Our second finding adds to the literature that there seems to be no association between reading and socializing and clustered cardiometabolic risk. This finding is in line with previous studies that examined associations between time spent sedentary while reading or socializing and individual cardiometabolic health factors [712, 17]. The less time spent reading or socializing in leisure time might be an explanation for the findings in our sample. In addition, accuracy to recall across contexts may vary [2] in the sense that it may be easier for people to remember how long they have watched TV than how much time they have spent reading or in company with others [34].

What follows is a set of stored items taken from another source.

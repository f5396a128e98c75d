-- ===== src/RenderTaskCache/Requests.antt =====
-- The requests of the render task cache of webrender/src/render_task.rs.
use webrender.Prelude.{ℕ, [], ◌∷◌, ◌++◌, Option, none, some, Bool, true, false, Run, done, ◌>>=◌}
use webrender.FreeList.{FreeListHandle, WeakFreeListHandle, weak, get, get_mut}
use webrender.GpuCache.Caches.{GpuCache}
use webrender.RenderTasks.{RenderTaskTree}
use webrender.TextureCache.Entries.{GpuBlockData}
use webrender.TextureCache.Caches.{TextureCache}
use webrender.TextureCache.Requests.{request}
use webrender.RenderTaskCache.{RenderTaskCache, RenderTaskCacheKey, find_key, or_insert}

-- What a request changes, and its answer: a handle, or none for an error of the closure.
pub record Requested (K : Type 0) : Type 0 where
  pub task_cache : RenderTaskCache K
  pub textures : TextureCache
  pub gpu_cache : GpuCache GpuBlockData
  pub tree : RenderTaskTree
  pub answer : Option WeakFreeListHandle

module _ {K : Type 0} (user_data : Option (ℕ × ℕ × ℕ)) (is_opaque : Bool)
    (f : RenderTaskTree → RenderTaskTree × Option ℕ) where
  -- The task that the closure gave, if it gave one.
  abbrev pub store_task :
      RenderTaskCache K
      → TextureCache
      → GpuCache GpuBlockData
      → FreeListHandle
      → RenderTaskTree × Option ℕ
      → Run (Requested K)
  store_task c tc g handle (tree, none) =
      done (record { task_cache = c; textures = tc; gpu_cache = g; tree = tree; answer = none })
  store_task c tc g handle (tree, some render_task_id) = do
    cache_entries ← get_mut c.cache_entries handle (λ e. record e {
      pending_render_task_id = some render_task_id;
      user_data = user_data;
      is_opaque = is_opaque;
    })
    done (record {
      task_cache = record c { cache_entries = cache_entries };
      textures = tc;
      gpu_cache = g;
      tree = record tree {
        cacheable_render_tasks = tree.cacheable_render_tasks ++ render_task_id ∷ [];
      };
      answer = some (weak handle);
    })

  abbrev pub draw_if :
      RenderTaskCache K
      → TextureCache
      → GpuCache GpuBlockData
      → RenderTaskTree
      → FreeListHandle
      → Bool
      → Run (Requested K)
  draw_if c tc g tree handle false = done (record {
    task_cache = c;
    textures = tc;
    gpu_cache = g;
    tree = tree;
    answer = some (weak handle);
  })
  draw_if c tc g tree handle true = store_task c tc g handle (f tree)

  module _ (to_f32 : ℕ → ℕ) where
    -- The part of a request for an entry whose task is pending, or not.
    abbrev pub request_if_idle :
        RenderTaskCache K
        → TextureCache
        → GpuCache GpuBlockData
        → RenderTaskTree
        → FreeListHandle
        → WeakFreeListHandle
        → Option ℕ
        → Run (Requested K)
    request_if_idle c tc g tree handle texture_handle (some id) = draw_if c tc g tree handle false
    request_if_idle c tc g tree handle texture_handle none = do
      (tc', g', needed) ← request to_f32 tc texture_handle g
      draw_if c tc' g' tree handle needed

    unfoldable pub request_render_task :
        (K → K → Bool)
        → RenderTaskCache K
        → RenderTaskCacheKey K
        → TextureCache
        → GpuCache GpuBlockData
        → RenderTaskTree
        → Run (Requested K)
    request_render_task same_kind c key tc g tree = do
      (c', handle) ← or_insert same_kind c key user_data is_opaque (find_key same_kind key c.map)
      entry ← get c'.cache_entries handle
      request_if_idle c' tc g tree handle entry.handle entry.pending_render_task_id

Furthermore, we found that leisure-time SBs differed in their frequency of occurrence. Time spent sitting while doing household tasks, caring for others, or pursuing hobbies were less prevalent in our sample. Evidence suggests that different types of SB often co-occur compared to activities with higher energy expenditure (over 1.5 metabolic equivalents) [22], e.g. using the computer or doing household tasks while watching TV. Thus, it is important to consider not only the frequency of occurrence but also that of co-occurrence of leisure-time SB and how different types of leisure-time SB are linked to one another. Future studies should examine those patterns of leisure-time SB in detail and might include separate analyses for weekdays and weekends, because leisure-time SB patterns have been shown to vary between weekends and weekdays [35].

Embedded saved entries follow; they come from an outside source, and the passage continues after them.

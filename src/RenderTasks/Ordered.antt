-- ===== src/RenderTasks/Ordered.antt =====
-- The order of the passes of webrender/src/render_task.rs: the children of a task are in the next pass.
use webrender.Prelude.{
  ℕ, suc, ◌≤◌, ◌<◌, ◌≡◌, refl, sym, ◌∙◌, subst, ap, List, [], ◌∷◌, ◌++◌, some, ◌⊎◌, inl, inr,
  length, set, get_elem?, get_elem?-set_self, get_elem?-set_ne, lt_of_get_elem?,
  get_elem?-append_left, get_elem?-append_length, length-append, length-set, All, ==-cases, arith,
}
use mathlib.Core.Option.{some-injective}
use webrender.RenderTasks.{RenderTask, RenderTaskTree, RenderPass}

abbrev pub In : ℕ → List ℕ → Type 0
In j [] = ⊥
In j (i ∷ is) = (i ≡ j) ⊎ In j is

pub In-append_left : (j : ℕ) (is ks : List ℕ) → In j is → In j (is ++ ks)
In-append_left j [] ks x' = elim x' [ ]
In-append_left j (i ∷ is) ks (inl e) = inl e
In-append_left j (i ∷ is) ks (inr h) = inr (In-append_left j is ks h)

pub In-append_last : (j : ℕ) (is : List ℕ) → In j (is ++ j ∷ [])
In-append_last j [] = inl refl
In-append_last j (i ∷ is) = inr (In-append_last j is)

pub In-append_cases : (j i : ℕ) (is : List ℕ) → In j (is ++ i ∷ []) → In j is ⊎ (i ≡ j)
In-append_cases j i [] (inl e) = inr e
In-append_cases j i [] (inr h) = elim h [ ]
In-append_cases j i (k ∷ is) (inl e) = inl (inl e)
In-append_cases j i (k ∷ is) (inr h) = elim (In-append_cases j i is h) [
  | inl g ↦ inl (inr g)
  | inr e ↦ inr e
]

module _ {T : Type 0} where
  -- The pass number `i` has the task.
  abbrev pub Has : List (RenderPass T) → ℕ → ℕ → Type 0
  Has passes i id = (p : RenderPass T) × (get_elem? passes i ≡ some p) × In id p.tasks

  -- No task is lost.
  abbrev pub Grows : List (RenderPass T) → List (RenderPass T) → Type 0
  Grows passes passes' =
      (length passes ≤ length passes') × ((i id : ℕ) → Has passes i id → Has passes' i id)

  -- The children of each task of a pass are in the pass after it.
  abbrev pub Ordered : RenderTaskTree → List (RenderPass T) → Type 0
  Ordered tree passes =
      (i id : ℕ) (task : RenderTask)
      → Has passes i id
      → get_elem? tree.tasks id ≡ some task
      → All (Has passes (suc i)) task.children

  pub Has-All :
      (passes passes' : List (RenderPass T)) (i : ℕ) (ids : List ℕ)
      → Grows passes passes'
      → All (Has passes i) ids
      → All (Has passes' i) ids
  Has-All passes passes' i [] g h = tt
  Has-All passes passes' i (id ∷ ids) g h = (g.1 i id h.0, Has-All passes passes' i ids g h.1)

  -- A pass is given one more task.
  pub Grows-set :
      (passes : List (RenderPass T)) (i id : ℕ) (p p' : RenderPass T)
      → get_elem? passes i ≡ some p
      → p'.tasks ≡ p.tasks ++ id ∷ []
      → Grows passes (set passes i p')
  Grows-set passes i id p p' at_i more = (
    omega (arith, length-set passes i p'),
    λ j k (q, at_j, h). elim (==-cases i j) [
      | inl same ↦
          let eq : p ≡ q = some-injective _ _ (sym at_i ∙ ap (get_elem? passes) same ∙ at_j) in
          (
            p',
            subst (λ n. get_elem? (set passes i p') n ≡ some p') same
                (get_elem?-set_self passes i p' (lt_of_get_elem? passes i at_i)),
            subst (In k) (sym more)
                (In-append_left k p.tasks (id ∷ []) (subst (λ r. In k r.tasks) (sym eq) h)),
          )
      | inr other ↦ (q, get_elem?-set_ne passes i j p' other ∙ at_j, h)
    ],
  )

  -- A task is added to its pass once its children are in the next one.
  pub Ordered-set :
      (tree : RenderTaskTree) (passes : List (RenderPass T)) (i id : ℕ) (task : RenderTask)
      (p p' : RenderPass T)
      → Ordered tree passes
      → get_elem? tree.tasks id ≡ some task
      → All (Has passes (suc i)) task.children
      → get_elem? passes i ≡ some p
      → p'.tasks ≡ p.tasks ++ id ∷ []
      → Ordered tree (set passes i p')
  Ordered-set tree passes i id task p p' ordered at_id children at_i more j k task' (q, at_j, h)
        at_k =
      let grows = Grows-set passes i id p p' at_i more in
      elim (==-cases i j) [
        | inr other ↦
            Has-All passes (set passes i p') (suc j) task'.children grows
              (ordered j k task' (q, sym (get_elem?-set_ne passes i j p' other) ∙ at_j, h) at_k)
        | inl same ↦
            let eq : p' ≡ q = some-injective _ _ (
              sym (get_elem?-set_self passes i p' (lt_of_get_elem? passes i at_i))
              ∙ ap (get_elem? (set passes i p')) same
              ∙ at_j) in
            elim (In-append_cases k id p.tasks
              (subst (In k) more (subst (λ r. In k r.tasks) (sym eq) h))) [
                | inl old ↦
                    Has-All passes (set passes i p') (suc j) task'.children grows
                      (ordered j k task' (p, ap (get_elem? passes) (sym same) ∙ at_i, old) at_k)
                | inr new ↦
                    let eq_task : task ≡ task' =
                      some-injective _ _ (sym at_id ∙ ap (get_elem? tree.tasks) new ∙ at_k) in
                    Has-All passes (set passes i p') (suc j) task'.children grows (
                      subst (λ t. All (Has passes (suc j)) t.children) eq_task
                        (subst (λ n. All (Has passes (suc n)) task.children) same children))
              ]
      ]

  pub Grows-refl : (passes : List (RenderPass T)) → Grows passes passes
  Grows-refl passes = (omega arith, λ i id h. h)

  pub Grows-trans : (a b c : List (RenderPass T)) → Grows a b → Grows b c → Grows a c
  Grows-trans a b c f g = (omega (arith, f.0, g.0), λ i id h. g.1 i id (f.1 i id h))

  pub Grows-append :
      (passes : List (RenderPass T)) (p : RenderPass T) → Grows passes (passes ++ p ∷ [])
  Grows-append passes p = (
    omega (arith, length-append passes (p ∷ [])),
    λ i id (q, at_i, h).
        (q, get_elem?-append_left passes (p ∷ []) i (lt_of_get_elem? passes i at_i) ∙ at_i, h),
  )

  -- A pass without tasks is added.
  pub Ordered-append :
      (tree : RenderTaskTree) (passes : List (RenderPass T)) (p : RenderPass T)
      → p.tasks ≡ []
      → Ordered tree passes
      → Ordered tree (passes ++ p ∷ [])
  Ordered-append tree passes p none_yet ordered i id task (q, at_i, h) at_id =
      elim (==-cases i (length passes)) [
        | inl same ↦
            let eq : p ≡ q = some-injective _ _ (
              sym (get_elem?-append_length passes p)
              ∙ ap (get_elem? (passes ++ p ∷ [])) (sym same)
              ∙ at_i) in
            absurd (subst (In id) none_yet (subst (λ r. In id r.tasks) (sym eq) h))
        | inr other ↦
            let room : i < length passes = omega (
              arith,
              lt_of_get_elem? (passes ++ p ∷ []) i at_i,
              length-append passes (p ∷ []),
              other,
            ) in
            Has-All passes (passes ++ p ∷ []) (suc i) task.children (Grows-append passes p) (
              ordered i id task (q, sym (get_elem?-append_left passes (p ∷ []) i room) ∙ at_i, h)
                at_id)
      ]
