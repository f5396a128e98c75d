-- ===== src/RenderTaskCache/Retained.antt =====
-- The start of a frame of the render task cache (webrender/src/render_task.rs): what it retains.
use webrender.Prelude.{
  ℕ, ◌≡◌, ◌≢◌, ◌<◌, refl, sym, ap, ◌∙◌, List, [], ◌∷◌, Bool, true, false, done, All, All-both,
  Distinct, NotIn, Bool-cases, Option-cases, inl, inr, length, get_elem?, get_elem?_of_lt, ◌==◌,
}
use webrender.FreeList.{FreeList, FreeListHandle, WeakFreeListHandle, get_opt}
use webrender.FreeList.Freed.{Holds, Holds-get, Holds-unique, free-eq-done, free-returns}
use webrender.RenderTasks.Ordered.{In}
use webrender.TextureCache.Caches.{TextureCache}
use webrender.TextureCache.Requests.{is_allocated}
use webrender.RenderTaskCache.{
  RenderTaskCacheKey, RenderTaskCacheEntry, RenderTaskCache, free_unless, keep_if, retain_map,
  begin_frame,
}

abbrev pub indices : {K : Type 0} → List (RenderTaskCacheKey K × FreeListHandle) → List ℕ
indices [] = []
indices ((key, handle) ∷ rest) = handle.index ∷ indices rest

-- The handle leads to an entry, and its texture handle is in the bounds of the texture cache.
abbrev pub Leads : TextureCache → FreeList RenderTaskCacheEntry → ℕ → Type 0
Leads tc entries i =
    (e : RenderTaskCacheEntry) × Holds entries i e × (e.handle.index < length tc.entries.slots)

-- The handle leads to an entry whose texture is allocated.
abbrev pub Allocated : TextureCache → FreeList RenderTaskCacheEntry → ℕ → Type 0
Allocated tc entries i =
    (e : RenderTaskCacheEntry) × Holds entries i e × (is_allocated tc e.handle ≡ done true)

is_allocated-returns :
    (tc : TextureCache) (w : WeakFreeListHandle)
    → w.index < length tc.entries.slots
    → (b : Bool) × (is_allocated tc w ≡ done b)
unfolding is_allocated get_opt
is_allocated-returns tc w inside =
    let (s, at_w) = get_elem?_of_lt tc.entries.slots w.index inside in
    elim (Bool-cases (s.epoch == w.epoch)) [
      | inr e ↦ (false, rw (at_w, e) refl)
      | inl e ↦ elim (Option-cases s.value) [
        | inl v ↦ (false, rw (at_w, e, v) refl)
        | inr (x, v) ↦ (true, rw (at_w, e, v) refl)
      ]
    ]

Holds-same :
    (a b : FreeList RenderTaskCacheEntry) (i : ℕ) {e : RenderTaskCacheEntry}
    → get_elem? b.slots i ≡ get_elem? a.slots i
    → Holds a i e
    → Holds b i e
Holds-same a b i eq (s, at_i, full) = (s, eq ∙ at_i, full)

-- The step of the walk for one entry.
free_unless-returns :
    (entries : FreeList RenderTaskCacheEntry) (h : FreeListHandle) (b : Bool)
    {e : RenderTaskCacheEntry}
    → Holds entries h.index e
    → (entries' : FreeList RenderTaskCacheEntry) × (free_unless entries h b ≡ done entries')
      × ((j : ℕ) → j ≢ h.index → get_elem? entries'.slots j ≡ get_elem? entries.slots j)
      × (b ≡ true → entries' ≡ entries)
free_unless-returns entries h true held = (entries, refl, (λ j ne. refl), λ e. refl)
free_unless-returns entries h false {e} held =
    let (entries', freed) = free-returns entries h held in
    let (before, vacant, others) = free-eq-done entries h freed in
    (entries', rw freed refl, others, λ e. cc)

module _ {K : Type 0} where
  keep-Allocated :
      (tc : TextureCache) (b : Bool) (key : RenderTaskCacheKey K) (h : FreeListHandle)
      (rest : List (RenderTaskCacheKey K × FreeListHandle)) (fl : FreeList RenderTaskCacheEntry)
      → (b ≡ true → Allocated tc fl h.index)
      → All (Allocated tc fl) (indices rest)
      → All (Allocated tc fl) (indices (keep_if b (key, h) rest))
  keep-Allocated tc true key h rest fl head tail = (head refl, tail)
  keep-Allocated tc false key h rest fl head tail = tail

  keep-In :
      (b : Bool) (key : RenderTaskCacheKey K) (h : FreeListHandle)
      (rest : List (RenderTaskCacheKey K × FreeListHandle)) (j : ℕ)
      → In j (indices rest)
      → In j (indices (keep_if b (key, h) rest))
  keep-In true key h rest j i = inr i
  keep-In false key h rest j i = i

  keep-head :
      (b : Bool) (key : RenderTaskCacheKey K) (h : FreeListHandle)
      (rest : List (RenderTaskCacheKey K × FreeListHandle))
      → b ≡ true
      → In h.index (indices (keep_if b (key, h) rest))
  keep-head true key h rest e = inl refl
  keep-head false key h rest e = cc

  -- The walk over the map, with the slots that it leaves alone.
  retain_map_lem :
      (tc : TextureCache) (m : List (RenderTaskCacheKey K × FreeListHandle))
      (entries : FreeList RenderTaskCacheEntry)
      → Distinct (indices m)
      → All (Leads tc entries) (indices m)
      → (m' : List (RenderTaskCacheKey K × FreeListHandle)) × (entries' : FreeList
          RenderTaskCacheEntry)
        × (retain_map tc m entries ≡ done (m', entries'))
        × All (Allocated tc entries') (indices m')
        × All (λ i. Allocated tc entries i → In i (indices m')) (indices m)
        × ((i : ℕ) → NotIn i (indices m) → get_elem? entries'.slots i ≡ get_elem? entries.slots i)
  unfolding retain_map
  retain_map_lem tc [] entries distinct leads = ([], entries, refl, tt, tt, λ i out. refl)
  retain_map_lem tc ((key, h) ∷ rest) entries (apart, distinct) ((e, held, inside), leads) =
      let (b, answers) = is_allocated-returns tc e.handle inside in
      let (fl, freed, others, same) = free_unless-returns entries h b held in
      let (m', fl', walks, allocated, kept, out) = retain_map_lem tc rest fl distinct (
        All-both (λ j. h.index ≢ j) (Leads tc entries) (Leads tc fl) (indices rest)
          (λ j ne (e', held', inside').
            (e', Holds-same entries fl j (others j (λ q. ne (sym q))) held', inside'))
          apart leads) in
      let head : Holds entries h.index e = held in
      (
        keep_if b (key, h) m',
        fl',
        rw (Holds-get entries h held, answers, freed, walks) refl,
        keep-Allocated tc b key h m' fl'
            (λ yes. (
              e,
              Holds-same entries fl' h.index
                  (out h.index apart ∙ ap (λ l. get_elem? l.slots h.index) (same yes)) held,
              answers ∙ ap done yes,
            ))
            allocated,
        (
          (λ (e', held', answers').
              let is_e : e' ≡ e = Holds-unique entries h.index held' held in
              let both : done b ≡ done true =
                sym answers ∙ ap (λ x. is_allocated tc x.handle) (sym is_e) ∙ answers' in
              keep-head b key h m' cc),
          All-both (λ j. h.index ≢ j) (λ j. Allocated tc fl j → In j (indices m')) _ (indices rest)
              (λ j ne f (e', held', answers').
                keep-In b key h m' j
                  (f (e', Holds-same entries fl j (others j (λ q. ne (sym q))) held', answers')))
              apart kept,
        ),
        λ i (ne, past). out i past ∙ others i ne,
      )

  -- The start of a frame returns. Every handle that the map keeps leads to an entry whose texture is
  -- allocated, and each handle that led to such an entry is kept. The handles of the map are distinct and
  -- lead to entries, and their texture handles are in the bounds of the texture cache.
  pub begin_frame-Allocated :
      (c : RenderTaskCache K) (tc : TextureCache)
      → Distinct (indices c.map)
      → All (Leads tc c.cache_entries) (indices c.map)
      → (c' : RenderTaskCache K) × (begin_frame c tc ≡ done c')
        × All (Allocated tc c'.cache_entries) (indices c'.map)
        × All (λ i. Allocated tc c.cache_entries i → In i (indices c'.map)) (indices c.map)
  unfolding begin_frame
  begin_frame-Allocated c tc distinct leads =
      let (m', entries', walks, allocated, kept, out) =
        retain_map_lem tc c.map c.cache_entries distinct leads in
      (record { map = m'; cache_entries = entries' }, rw walks refl, allocated, kept)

Some limitations of our study have to be discussed. First, subjects were assessed within a study aiming to test the feasibility of a tailored letter intervention regarding PA and leisure-time SB. The proportion of people who declined participation (53%) was high and a selection bias is likely. Thus, our findings may not be generalizable to the population as a whole. Second, there may be confounding variables such as diet, drinking habits, different activity patterns with certain energy expenditure during leisure-time SBs, sleep duration, or cardiorespiratory fitness that were not considered in our study. Third, we collected blood samples in the non-fasted state. Because levels of glucose or HDL-C are influenced by external factors like caloric intake or muscle activity [36], this may have implications for the clustered cardiometabolic risk. Although using fasting blood samples is recommended, there is evidence that using non-fasting blood samples is appropriate for decision making in the context of primary preventions regarding cardiovascular or cardiometabolic diseases [36, 37]. Fourth, we assessed leisure-time SB by self-report. Self-report assessments are sensitive to recall bias and social desirability [2]. In comparison to accelerometer measures of SB, self-report appears to capture different aspects of behaviors [38] because it provides information on the context. Keeping in mind that leisure-time SB is complex and includes multiple domains, dimensions, and correlates, there are still many methodological challenges of measuring leisure-time SB [39]. Finally, the design of our study does not allow for causal inference. To address this issue, more longitudinal studies are needed to understand the directionality of potential associations between leisure-time SBs and cardiometabolic health.

Conclusions

Watching TV was positively associated with a clustered cardiometabolic risk score, while results of time spent using a computer revealed inconsistent findings. No associations were present between reading or socializing and clustered cardiometabolic risk.

Our findings suggest that different leisure-time SBs and their differential associations with cardiometabolic risk should be considered. This approach would address the needs (i) for behavior specific assessments, (ii) to develop relevant public health recommendations and guidelines to maintain or enhance adults’ health, and (iii) to encourage environmental and policy initiatives and interventions [2].